TRY IT
The expected response is a copy of every line in the entries below that includes the word "reads".

#### GIVEN INFORMATION ####

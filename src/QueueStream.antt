-- ===== src/QueueStream.antt =====
-- `queue_stream` of include/atmi/queue.hpp, and src/queue_stream.cpp: writing the messages of a
-- queue to a stream, and putting the lines of a stream into a queue.
pub mod Export
pub mod Import
pub mod Server
pub mod Switches
pub mod RoundTrip
pub mod Moves
use cpp_atmi.Prelude.{ℕ, Bool, true, false}
use cpp_atmi.Atmi.Codes.{Constants}
use cpp_atmi.Atmi.Calls.{Atmi}
use cpp_atmi.Tuxedo.{Tuxedo, construct}
use cpp_atmi.Method.{Method, assign, ◌>>◌}

-- `_queue` points to a queue that the caller owns: the operators carry it beside the stream.
pub record QueueStream : Type 0 where
  pub tuxedo : Tuxedo
  pub open tuxedo use *
  pub count : ℕ
  pub buffer_size : ℕ

-- QS_BUFFER_SIZE
abbrev pub qs_buffer_size : ℕ
qs_buffer_size = 1024

unfoldable pub set_buffer_size : {W : Type 0} → ℕ → Method QueueStream W (Unit {0})
set_buffer_size bs = assign (λ s. record s { buffer_size = bs })

module _ {W : Type 0} ⦃k : Constants⦄ where
  unfoldable pub encode_base64 : Bool → Method QueueStream W (Unit {0})
  encode_base64 true = assign (λ s. record s { tuxedo = record s.tuxedo { flags = k.tpnoflags } })
  encode_base64 false =
      assign (λ s. record s { tuxedo = record s.tuxedo { flags = k.tpex_string } })

  unfoldable pub new_sized : ⦃a : Atmi W⦄ → ℕ → W → QueueStream × W
  unfolding construct encode_base64
  new_sized bs w =
      let (base, w') = construct w in
      let (r, c, w'') =
        encode_base64 false (record { tuxedo = base; count = 0; buffer_size = bs }) w' in
      (c, w'')

  unfoldable pub new : ⦃a : Atmi W⦄ → W → QueueStream × W
  unfolding new_sized
  new w = new_sized qs_buffer_size w
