-- ===== src/QueueStream/Import.antt =====
-- `operator>>(std::istream &, queue_stream &)`.
pub mod Sends
pub mod Appends
pub mod Finishes
use cpp_atmi.Prelude.{ℕ, ◌+◌, none, List, [], ◌∷◌, ◌==◌, if◌then◌else◌}
use cpp_atmi.Prelude.Int.{ℤ, pos, is_neg}
use cpp_atmi.Prelude.Lists.{length}
use cpp_atmi.Atmi.Codes.{Constants}
use cpp_atmi.Atmi.Texts.{Text, Texts, bytes}
use cpp_atmi.Atmi.Calls.{Atmi, Queueing, Ptr}
use cpp_atmi.Exceptions.{Exception, tuxedo_exception, is_tuxedo, is_diagnostic}
use cpp_atmi.Method.{
  Method, Outcome, ok, pure, throw, this, assign, reads, ◌>>=◌, ◌>>◌, when, on, try_catch,
}
use cpp_atmi.Tuxedo.{Tuxedo, allocate, free, begin, commit, abort}
use cpp_atmi.Queue.{Queue}
use cpp_atmi.Queue.Transfer.{enqueue}
use cpp_atmi.QueueStream.{QueueStream}

-- The stream, its queue, and the variables `message` and `len`.
pub record Importer : Type 0 where
  pub stream : QueueStream
  pub queue : Queue
  pub buf : Ptr
  pub len : ℕ

module _ {W A : Type 0} where
  abbrev pub on_queue : Method Queue W A → Method Importer W A
  on_queue m = on (λ x. x.queue) (λ q x. record x { queue = q }) m

  -- `qs._queue->f()`, for a member of the base class of the queue.
  abbrev pub on_base : Method Tuxedo W A → Method Importer W A
  on_base m = on (λ x. x.queue.tuxedo) (λ t x. record x { queue = record x.queue { tuxedo = t } }) m

  -- `qs.f()`, for a member of the base class of the stream.
  abbrev pub on_stream : Method Tuxedo W A → Method Importer W A
  on_stream m =
      on (λ x. x.stream.tuxedo) (λ t x. record x { stream = record x.stream { tuxedo = t } }) m

-- `getline` until it fails: the lines of a text, without their newlines. A text after the last
-- newline is a line, if it is not empty.
unfoldable pub next_char : ℕ → List Text → List Text
next_char c [] = (c ∷ []) ∷ []
next_char c (l ∷ ls) = (c ∷ l) ∷ ls

unfoldable pub get_lines : Text → List Text
unfolding next_char
get_lines [] = []
get_lines (c ∷ cs) = if c == 10 then [] ∷ get_lines cs else next_char c (get_lines cs)

module _ {W : Type 0} ⦃a : Atmi W⦄ ⦃t : Texts⦄ ⦃k : Constants⦄ ⦃s : Queueing W⦄ where
  -- `tpimport ( line.c_str(), line.size(), &message, &len, qs._flags )`
  call_tpimport : Text → Method Importer W ℤ
  call_tpimport line x w =
      let r = s.tpimport line (length line) x.buf x.len x.stream.flags w in
      (ok r.rc, record x { buf = r.buf; len = r.len }, r.world)

  -- The body of the inner `try`.
  unfoldable pub put_message : Method Importer W (Unit {0})
  put_message = do
    on_base (begin (pos 0)) >>= λ _. pure tt
    x ← this (λ x. x)
    on_queue (enqueue x.buf x.len) >>= λ _. pure tt
    on_base commit >>= λ _. pure tt
    assign (λ x. record x { stream = record x.stream { count = x.stream.count + 1 } })

  -- The handlers of the inner `try`: both abort, and throw the exception again. An exception of
  -- another class passes by.
  unfoldable pub roll_back : Exception → Method Importer W (Unit {0})
  unfolding is_tuxedo is_diagnostic
  roll_back e =
      if is_diagnostic e.class
      then (on_base abort >>= λ _. throw e)
      else if is_tuxedo e.class
      then (on_base abort >>= λ _. throw e)
      else throw e

  -- The body of the `while`.
  unfoldable pub import_line : Text → Method Importer W (Unit {0})
  unfolding call_tpimport
  import_line line = do
    rc ← call_tpimport line
    e ← reads a.tperrno
    when (is_neg rc) (
        throw (
          tuxedo_exception e (bytes "TPIMPORT failed. Was this message exported using tpexport ?")
            []))
    try_catch put_message roll_back

  unfoldable pub import_lines : List Text → Method Importer W (Unit {0})
  import_lines [] = pure tt
  import_lines (line ∷ lines) = import_line line >> import_lines lines

  -- `qs.free ( message )`
  unfoldable pub free_message : Method Importer W (Unit {0})
  free_message = do p ← this (λ x. x.buf); on_stream (free p)

  -- The handler of the outer `try`, for a tuxedo_exception.
  unfoldable pub give_up : Exception → Method Importer W (Unit {0})
  unfolding is_tuxedo free_message
  give_up e = if is_tuxedo e.class then (free_message >> throw e) else throw e

  unfoldable pub prepare : Method Importer W (Unit {0})
  prepare = do
    assign (λ x. record x { stream = record x.stream { count = 0 } })
    len ← this (λ x. x.len)
    p ← on_stream (allocate (bytes "CARRAY") none len)
    assign (λ x. record x { buf = p })

  -- The operator, for a stream that holds `text`.
  unfoldable pub import : Text → QueueStream → Queue → W → Outcome (Unit {0}) × Importer × W
  unfolding prepare free_message
  import text qs q =
      try_catch (prepare >> import_lines (get_lines text) >> free_message) give_up
        (record { stream = qs; queue = q; buf = none; len = qs.buffer_size })
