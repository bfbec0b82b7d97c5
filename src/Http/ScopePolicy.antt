-- ===== src/Http/ScopePolicy.antt =====
-- src/http/scope_policy.hpp: the scope that a route asks for.
pub mod Laws
use telegram_rest_gateway.Prelude.{
  ℕ, zero, suc, ◌+◌, ◌-◌, ◌*◌, ◌/◌, ◌%◌, ◌^◌, ◌≤◌, ◌<◌, min, max, ◌≡◌, refl, sym, ap, ◌∙◌, subst,
  ◌≢◌, ◌↔◌, ◌⊎◌, inl, inr, Bool, true, false, ◌&&◌, ◌||◌, not, Option, none, some, List, [], ◌∷◌,
  ◌++◌, map, arith, ltb, leb, ltb→lt, lt→ltb, leb→le, if◌then◌else◌, Bool-cases, Option-cases, Eq,
  ◌==◌, eq_refl, nat_eq, Bytes, bytes_beq_iff, nat_beq_iff, bytes_eq, codes, length, get_elem?,
  get_or, take, drop, keep_if, all, any, length-append, length-keep_if-le, take-append-drop,
  length-take, length-drop, drop-append, take-append, All, All-append,
}
use telegram_rest_gateway.Prelude.Text.{starts_with}
use telegram_rest_gateway.Auth.TokenStore.{Scope, read, write, admin}

abbrev pub auth_path_prefix : Bytes
auth_path_prefix = codes "/v1/auth/"

abbrev pub webhooks_path_prefix : Bytes
webhooks_path_prefix = codes "/v1/webhooks"

-- asciiLower; bytes above 127 are negative chars in the source, and are left alone there too.
unfoldable pub ascii_lower : ℕ → ℕ
ascii_lower c = if leb b'A' c && leb c b'Z' then c - b'A' + b'a' else c

-- startsWithNoCase: the loop over the prefix, which ends at the first byte that differs.
unfoldable pub starts_with_no_case : Bytes → Bytes → Bool
starts_with_no_case path [] = true
starts_with_no_case [] (p ∷ prefix) = false
starts_with_no_case (c ∷ path) (p ∷ prefix) =
    if ascii_lower c == p then starts_with_no_case path prefix else false

unfoldable pub is_auth_path : Bytes → Bool
unfolding starts_with_no_case
is_auth_path path = starts_with_no_case path auth_path_prefix

-- path.size() == n || path[n] == '/', where the prefix has matched.
abbrev pub at_boundary : Bytes → Bool
at_boundary [] = true
at_boundary (c ∷ rest) = c == b'/'

unfoldable pub is_webhooks_path : Bytes → Bool
unfolding starts_with_no_case
is_webhooks_path path =
    if not (starts_with_no_case path webhooks_path_prefix)
    then false
    else at_boundary (drop (length webhooks_path_prefix) path)

unfoldable pub required_scope_for : Bytes → Bool → Scope
unfolding is_auth_path is_webhooks_path
required_scope_for path is_read_method =
    if is_auth_path path || is_webhooks_path path
    then admin
    else if is_read_method
    then read
    else write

####

ANSWER AREA
  Method, Outcome, ok, pure, throw, this, assign, reads, ◌>>=◌, ◌>>◌, when, on, try_catch,
    e ← reads a.tperrno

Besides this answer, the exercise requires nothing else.